## TO DO
The lines to copy from the listing below are those that contain the string "counted".

= = = =

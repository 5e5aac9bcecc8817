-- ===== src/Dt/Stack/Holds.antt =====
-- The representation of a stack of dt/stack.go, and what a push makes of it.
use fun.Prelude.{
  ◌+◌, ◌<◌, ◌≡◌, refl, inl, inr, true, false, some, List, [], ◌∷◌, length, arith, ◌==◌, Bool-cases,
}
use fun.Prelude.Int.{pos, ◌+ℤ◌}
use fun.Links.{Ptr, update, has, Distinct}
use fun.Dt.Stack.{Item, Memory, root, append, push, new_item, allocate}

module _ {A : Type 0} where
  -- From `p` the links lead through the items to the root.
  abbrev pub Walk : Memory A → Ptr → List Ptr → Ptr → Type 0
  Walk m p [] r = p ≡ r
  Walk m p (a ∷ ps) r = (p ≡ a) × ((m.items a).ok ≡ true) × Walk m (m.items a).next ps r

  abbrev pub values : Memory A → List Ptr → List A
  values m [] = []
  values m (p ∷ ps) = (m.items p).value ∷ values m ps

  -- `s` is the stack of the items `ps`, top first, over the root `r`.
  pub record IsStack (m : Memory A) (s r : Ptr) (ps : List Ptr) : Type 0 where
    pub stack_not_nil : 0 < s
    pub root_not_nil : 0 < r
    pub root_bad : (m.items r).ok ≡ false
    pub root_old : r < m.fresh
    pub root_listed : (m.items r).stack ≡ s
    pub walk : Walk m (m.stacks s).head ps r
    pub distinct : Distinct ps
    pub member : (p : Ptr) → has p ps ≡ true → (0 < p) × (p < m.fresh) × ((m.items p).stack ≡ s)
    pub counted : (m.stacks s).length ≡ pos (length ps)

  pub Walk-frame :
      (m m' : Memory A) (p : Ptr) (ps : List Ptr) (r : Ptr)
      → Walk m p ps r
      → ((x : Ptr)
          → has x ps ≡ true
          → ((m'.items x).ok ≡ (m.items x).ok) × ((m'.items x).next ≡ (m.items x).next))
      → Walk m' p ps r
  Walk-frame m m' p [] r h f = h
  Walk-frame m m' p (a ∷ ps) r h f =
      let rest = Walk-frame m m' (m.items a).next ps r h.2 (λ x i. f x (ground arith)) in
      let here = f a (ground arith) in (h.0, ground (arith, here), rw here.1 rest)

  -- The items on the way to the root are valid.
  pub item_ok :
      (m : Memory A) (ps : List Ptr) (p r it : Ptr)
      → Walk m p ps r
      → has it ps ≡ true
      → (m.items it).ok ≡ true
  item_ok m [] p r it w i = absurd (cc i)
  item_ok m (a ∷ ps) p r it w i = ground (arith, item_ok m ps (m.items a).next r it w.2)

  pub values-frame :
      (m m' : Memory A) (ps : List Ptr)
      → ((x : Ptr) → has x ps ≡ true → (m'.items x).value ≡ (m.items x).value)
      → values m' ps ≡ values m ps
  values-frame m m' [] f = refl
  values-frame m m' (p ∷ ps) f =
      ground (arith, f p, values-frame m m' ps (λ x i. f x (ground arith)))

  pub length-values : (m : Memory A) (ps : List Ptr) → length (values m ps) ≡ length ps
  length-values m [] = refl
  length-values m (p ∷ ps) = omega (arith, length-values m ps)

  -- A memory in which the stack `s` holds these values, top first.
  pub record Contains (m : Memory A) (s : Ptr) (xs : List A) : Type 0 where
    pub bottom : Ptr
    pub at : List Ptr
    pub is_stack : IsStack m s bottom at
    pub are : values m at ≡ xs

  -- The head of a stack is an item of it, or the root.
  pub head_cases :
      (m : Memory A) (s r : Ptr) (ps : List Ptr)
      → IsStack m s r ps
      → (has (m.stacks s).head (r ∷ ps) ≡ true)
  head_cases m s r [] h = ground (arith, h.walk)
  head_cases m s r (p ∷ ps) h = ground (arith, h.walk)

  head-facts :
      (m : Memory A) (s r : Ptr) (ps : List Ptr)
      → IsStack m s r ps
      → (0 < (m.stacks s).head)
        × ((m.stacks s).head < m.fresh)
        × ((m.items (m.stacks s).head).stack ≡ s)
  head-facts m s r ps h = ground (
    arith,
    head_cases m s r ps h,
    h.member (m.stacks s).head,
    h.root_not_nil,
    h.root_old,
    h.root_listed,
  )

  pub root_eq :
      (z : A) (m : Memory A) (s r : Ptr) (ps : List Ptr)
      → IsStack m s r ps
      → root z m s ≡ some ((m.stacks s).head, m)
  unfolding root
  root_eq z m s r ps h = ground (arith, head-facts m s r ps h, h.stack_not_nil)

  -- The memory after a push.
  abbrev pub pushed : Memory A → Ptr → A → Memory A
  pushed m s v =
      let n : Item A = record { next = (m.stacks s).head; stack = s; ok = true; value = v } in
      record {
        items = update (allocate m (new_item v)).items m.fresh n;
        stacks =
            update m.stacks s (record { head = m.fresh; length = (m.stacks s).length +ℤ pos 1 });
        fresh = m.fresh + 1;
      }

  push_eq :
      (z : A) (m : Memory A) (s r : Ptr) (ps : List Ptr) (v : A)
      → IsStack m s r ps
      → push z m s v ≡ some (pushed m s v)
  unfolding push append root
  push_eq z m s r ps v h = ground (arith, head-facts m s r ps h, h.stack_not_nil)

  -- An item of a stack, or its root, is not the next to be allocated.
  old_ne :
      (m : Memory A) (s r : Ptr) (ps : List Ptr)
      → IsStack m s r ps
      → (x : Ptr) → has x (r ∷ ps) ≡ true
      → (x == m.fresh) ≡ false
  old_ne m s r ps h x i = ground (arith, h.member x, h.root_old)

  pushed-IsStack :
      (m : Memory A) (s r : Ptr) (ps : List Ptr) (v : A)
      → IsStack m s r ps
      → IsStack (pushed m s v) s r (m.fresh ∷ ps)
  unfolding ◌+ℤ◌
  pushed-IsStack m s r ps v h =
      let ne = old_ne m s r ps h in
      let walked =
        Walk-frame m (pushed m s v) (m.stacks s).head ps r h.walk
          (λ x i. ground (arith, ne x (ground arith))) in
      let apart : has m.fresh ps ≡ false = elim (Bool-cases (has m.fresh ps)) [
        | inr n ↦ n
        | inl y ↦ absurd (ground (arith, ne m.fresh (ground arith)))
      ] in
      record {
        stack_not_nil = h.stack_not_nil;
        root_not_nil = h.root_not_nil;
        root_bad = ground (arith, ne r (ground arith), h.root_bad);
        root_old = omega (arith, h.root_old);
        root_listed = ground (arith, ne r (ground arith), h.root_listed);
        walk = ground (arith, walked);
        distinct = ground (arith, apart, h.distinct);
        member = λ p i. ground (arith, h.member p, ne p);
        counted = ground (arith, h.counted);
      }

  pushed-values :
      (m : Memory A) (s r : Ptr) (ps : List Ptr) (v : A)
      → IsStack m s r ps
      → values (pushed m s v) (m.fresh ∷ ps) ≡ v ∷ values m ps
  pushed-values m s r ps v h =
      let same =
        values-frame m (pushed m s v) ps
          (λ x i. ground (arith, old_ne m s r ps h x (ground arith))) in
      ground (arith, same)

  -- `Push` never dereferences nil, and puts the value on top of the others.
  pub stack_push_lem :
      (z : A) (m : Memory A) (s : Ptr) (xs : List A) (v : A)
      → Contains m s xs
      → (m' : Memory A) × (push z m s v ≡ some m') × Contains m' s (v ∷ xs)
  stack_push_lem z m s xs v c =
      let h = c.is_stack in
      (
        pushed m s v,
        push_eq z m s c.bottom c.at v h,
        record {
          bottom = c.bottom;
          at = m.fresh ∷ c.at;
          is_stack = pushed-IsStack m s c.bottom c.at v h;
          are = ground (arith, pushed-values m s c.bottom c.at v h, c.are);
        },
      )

= = = =

## YOUR SOLUTION
    pub counted : (m.stacks s).length ≡ pos (length ps)
        counted = ground (arith, h.counted);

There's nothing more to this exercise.